Luca Prodan, una trompada al rock
Ignacio Portela y Hugo Montero/El Furgón – Caminaba el pelado, le dolían un tanto los huesos. Su cuerpo soportaba desde hacía unos años el poder del escenario, ese juego perverso que ha matado a algunos y ha cegado a tantos otros. Tambaleaba de a ratos, no sentía los músculos; necesitaba mandarse un buen trago de ginebra, el calmante de sus pesadillas. Qué lugar extraño, pensaba. Qué arruinadas estas veredas sureñas que me hacen ir en zig-zag. ¿Qué quiere la gente de un elegido: volverlo loco, amarrárselo a su corazón? Qué lejos estaba Londres, mucho más lejos que Escocia y esas reglas severas de comportamiento. ¿Qué había visto en aquellas fotos que no mostraban otra cosa más que una familia? No era el paraíso. Qué le iban a hablar de paraíso si ya había estado de visita varias veces entre dosis y dosis, y nada era lo que parecía. Nada era lo que le decían. No hay tiempo para dar marcha atrás, unos cuantos seguidores estarían esperando el ritual. Otro trago a la ginebra y el corazón empezaba a tomar temperatura. ¿Qué voy a hacer en este mundo que aún no hice?, ya es mucho, pensaba.
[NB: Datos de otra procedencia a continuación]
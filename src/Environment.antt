-- ===== src/Environment.antt =====
-- What the program asks of the machine before it chooses a backend: the release of the kernel and
-- the abilities of io_uring (csrc/loader_io_uring.cpp), the file system of a file
-- (csrc/instant_tensor/io_context.hpp), the variables of the environment
-- (csrc/instant_tensor/common.hpp), and the backends (csrc/instant_tensor/types.hpp, csrc/main.cpp).
-- A string is its bytes, without the null byte at its end.
pub mod Kernel
mod Tests
use Prim.Native.String.{String}
use instant_tensor.Base.{
  ℕ, zero, suc, ◌+◌, ◌-◌, ◌*◌, ◌^◌, min, ◌≡◌, Bool, true, false, ◌&&◌, ◌||◌, ◌==◌, leb, ltb,
  if◌then◌else◌, Option, none, some, List, [], ◌∷◌,
}
use instant_tensor.Base.Int.{ℤ, pos, negsuc, ltb_ℤ, leb_ℤ}
use instant_tensor.Types.{Backend, aio, aio_buffered, uring, uring_buffered, cufile, mmap}

abbrev pub Bytes : Type 0
Bytes = List ℕ

-- strtol of the C library in base 10: the value and what is behind it, or `none` where it finds no
-- number, and leaves `end` at the start.
abbrev pub is_digit : ℕ → Bool
is_digit c = leb 48 c && leb c 57

abbrev pub is_space : ℕ → Bool
is_space c = c == 32 || (leb 9 c && leb c 13)

abbrev pub read_digits : ℕ → Bytes → ℕ × Bytes
read_digits n [] = (n, [])
read_digits n (c ∷ s) =
    let more = read_digits (n * 10 + (c - 48)) s in if is_digit c then more else (n, c ∷ s)

abbrev pub read_number : Bytes → Option (ℕ × Bytes)
read_number [] = none
read_number (c ∷ s) = if is_digit c then some (read_digits 0 (c ∷ s)) else none

abbrev pub skip_spaces : Bytes → Bytes
skip_spaces [] = []
skip_spaces (c ∷ s) = let rest = skip_spaces s in if is_space c then rest else c ∷ s

-- The value is clamped to a long of 64 bits.
abbrev pub to_long : Option (ℕ × Bytes) → Option (ℤ × Bytes)
to_long none = none
to_long (some (n, s)) = some (pos (min n (2 ^ 63 - 1)), s)

abbrev pub to_negative : Option (ℕ × Bytes) → Option (ℤ × Bytes)
to_negative none = none
to_negative (some (zero, s)) = some (pos 0, s)
to_negative (some (suc n, s)) = some (negsuc (min n (2 ^ 63 - 1)), s)

abbrev pub read_signed : Bytes → Option (ℤ × Bytes)
read_signed [] = none
read_signed (c ∷ s) =
    if c == 45
    then to_negative (read_number s)
    else if c == 43
    then to_long (read_number s)
    else to_long (read_number (c ∷ s))

abbrev pub strtol : Bytes → Option (ℤ × Bytes)
strtol s = read_signed (skip_spaces s)

abbrev pub is_recent : ℤ → Option (ℤ × Bytes) → Bool
is_recent major none = false
is_recent major (some (minor, rest)) =
    ltb_ℤ (pos 5) major || ((leb_ℤ major (pos 5) && leb_ℤ (pos 5) major) && leb_ℤ (pos 15) minor)

abbrev pub after_major : Option (ℤ × Bytes) → Bool
after_major none = false
after_major (some (major, [])) = false
after_major (some (major, c ∷ s)) = if c == 46 then is_recent major (strtol s) else false

-- `none` is a failed uname.
unfoldable pub kernel_at_least_5_15 : Option Bytes → Bool
kernel_at_least_5_15 none = false
kernel_at_least_5_15 (some release) = after_major (strtol release)

-- What the kernel answers for a ring of two entries: of io_uring_queue_init_params and
-- io_uring_get_probe_ring, whether they succeed; of the operations, whether they are supported; of
-- /dev/null and the registrations, what they return.
pub record Ring : Type 0 where
  pub queue_init_params : ℤ
  pub probe : Option (Bool × Bool)
  pub open_dev_null : ℤ
  pub register_files : ℤ
  pub register_buffers : ℤ

abbrev pub is_negative : ℤ → Bool
is_negative (pos n) = false
is_negative (negsuc n) = true

abbrev pub is_zero : ℤ → Bool
is_zero (pos n) = n == 0
is_zero (negsuc n) = false

abbrev pub probe_supports_fixed_buffer_read : Ring → Bool
probe_supports_fixed_buffer_read ring = elim ring.probe [
  | none ↦ false
  | some (read, read_fixed) ↦ read && read_fixed
]

abbrev pub supports_fixed_file_registration : Ring → Bool
supports_fixed_file_registration ring =
    if is_negative ring.open_dev_null then false else is_zero ring.register_files

abbrev pub supports_fixed_buffer_registration : Ring → Bool
supports_fixed_buffer_registration ring = is_zero ring.register_buffers

unfoldable pub uring_available : Option Bytes → Ring → Bool
uring_available release ring =
    if kernel_at_least_5_15 release
    then (if is_negative ring.queue_init_params
        then false
        else (probe_supports_fixed_buffer_read ring && supports_fixed_file_registration ring)
          && supports_fixed_buffer_registration ring)
    else false

-- An int as a Backend. Any int is a value of the enum; `none` are those without a name.
abbrev pub backend_of : ℕ → Option Backend
backend_of zero = some aio
backend_of (suc zero) = some aio_buffered
backend_of (suc (suc zero)) = some uring
backend_of (suc (suc (suc zero))) = some uring_buffered
backend_of (suc (suc (suc (suc zero)))) = some cufile
backend_of (suc (suc (suc (suc (suc zero))))) = some mmap
backend_of (suc (suc (suc (suc (suc (suc n)))))) = none

abbrev pub backend_number : Backend → ℕ
backend_number aio = 0
backend_number aio_buffered = 1
backend_number uring = 2
backend_number uring_buffered = 3
backend_number cufile = 4
backend_number mmap = 5

unfoldable pub is_valid_backend : ℕ → Bool
is_valid_backend backend = leb (backend_number aio) backend && leb backend (backend_number mmap)

unfoldable pub backend_to_string : ℕ → String
backend_to_string backend = elim (backend_of backend) [
  | none ↦ "UNKNOWN"
  | some aio ↦ "AIO"
  | some aio_buffered ↦ "AIO_BUFFERED"
  | some uring ↦ "URING"
  | some uring_buffered ↦ "URING_BUFFERED"
  | some cufile ↦ "CUFILE"
  | some mmap ↦ "MMAP"
]

-- `cufile_available` is the answer of the function of that name.
unfoldable pub backend_available : Bool → Option Bytes → Ring → ℕ → Bool
backend_available cufile_available release ring backend =
    if backend == backend_number cufile
    then cufile_available
    else if backend == backend_number uring || backend == backend_number uring_buffered
    then uring_available release ring
    else true

-- `statfs` gives the type of the file system. The numbers are TMPFS_MAGIC and RAMFS_MAGIC.
unfoldable pub file_in_memory : (Bytes → Option ℕ) → Bytes → Bool
file_in_memory statfs filename = elim (statfs filename) [
  | none ↦ false
  | some f_type ↦ f_type == 16914836 || f_type == 2240043254
]

abbrev pub same_bytes : Bytes → Bytes → Bool
same_bytes [] [] = true
same_bytes [] (c ∷ s) = false
same_bytes (b ∷ r) [] = false
same_bytes (b ∷ r) (c ∷ s) = b == c && same_bytes r s

-- get_env(name).value_or("0") == "1"
unfoldable pub env_is_set : Option Bytes → Bool
env_is_set none = same_bytes (48 ∷ []) (49 ∷ [])
env_is_set (some value) = same_bytes value (49 ∷ [])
Porque esas predicciones se cumplían siempre, porque sabía que le quedaban pocas horas. ¿Por qué no se me desprenderá este acento, si este es mi lugar, mi gente? Ya llegamos, le dijo a su compañera, y presentía que el trato de los de la puerta iba a ser el mismo: siempre la lucha, siempre el rechazo. No podía pasar con la botella, iba a seguir ligando trompadas, estaba cansado. “Con la petaca no, flaco”, le advirtieron. Y la petaca entonces fue disimulada entre las pilchas de uno de los pibes, y el pelado dudó un segundo. ¿Quería entrar? ¿Quería quedarse afuera, lejos de esos salames de la puerta, ahí donde todos lo saludaban, lejos de los ruidos de adentro, lejos del ritual de siempre?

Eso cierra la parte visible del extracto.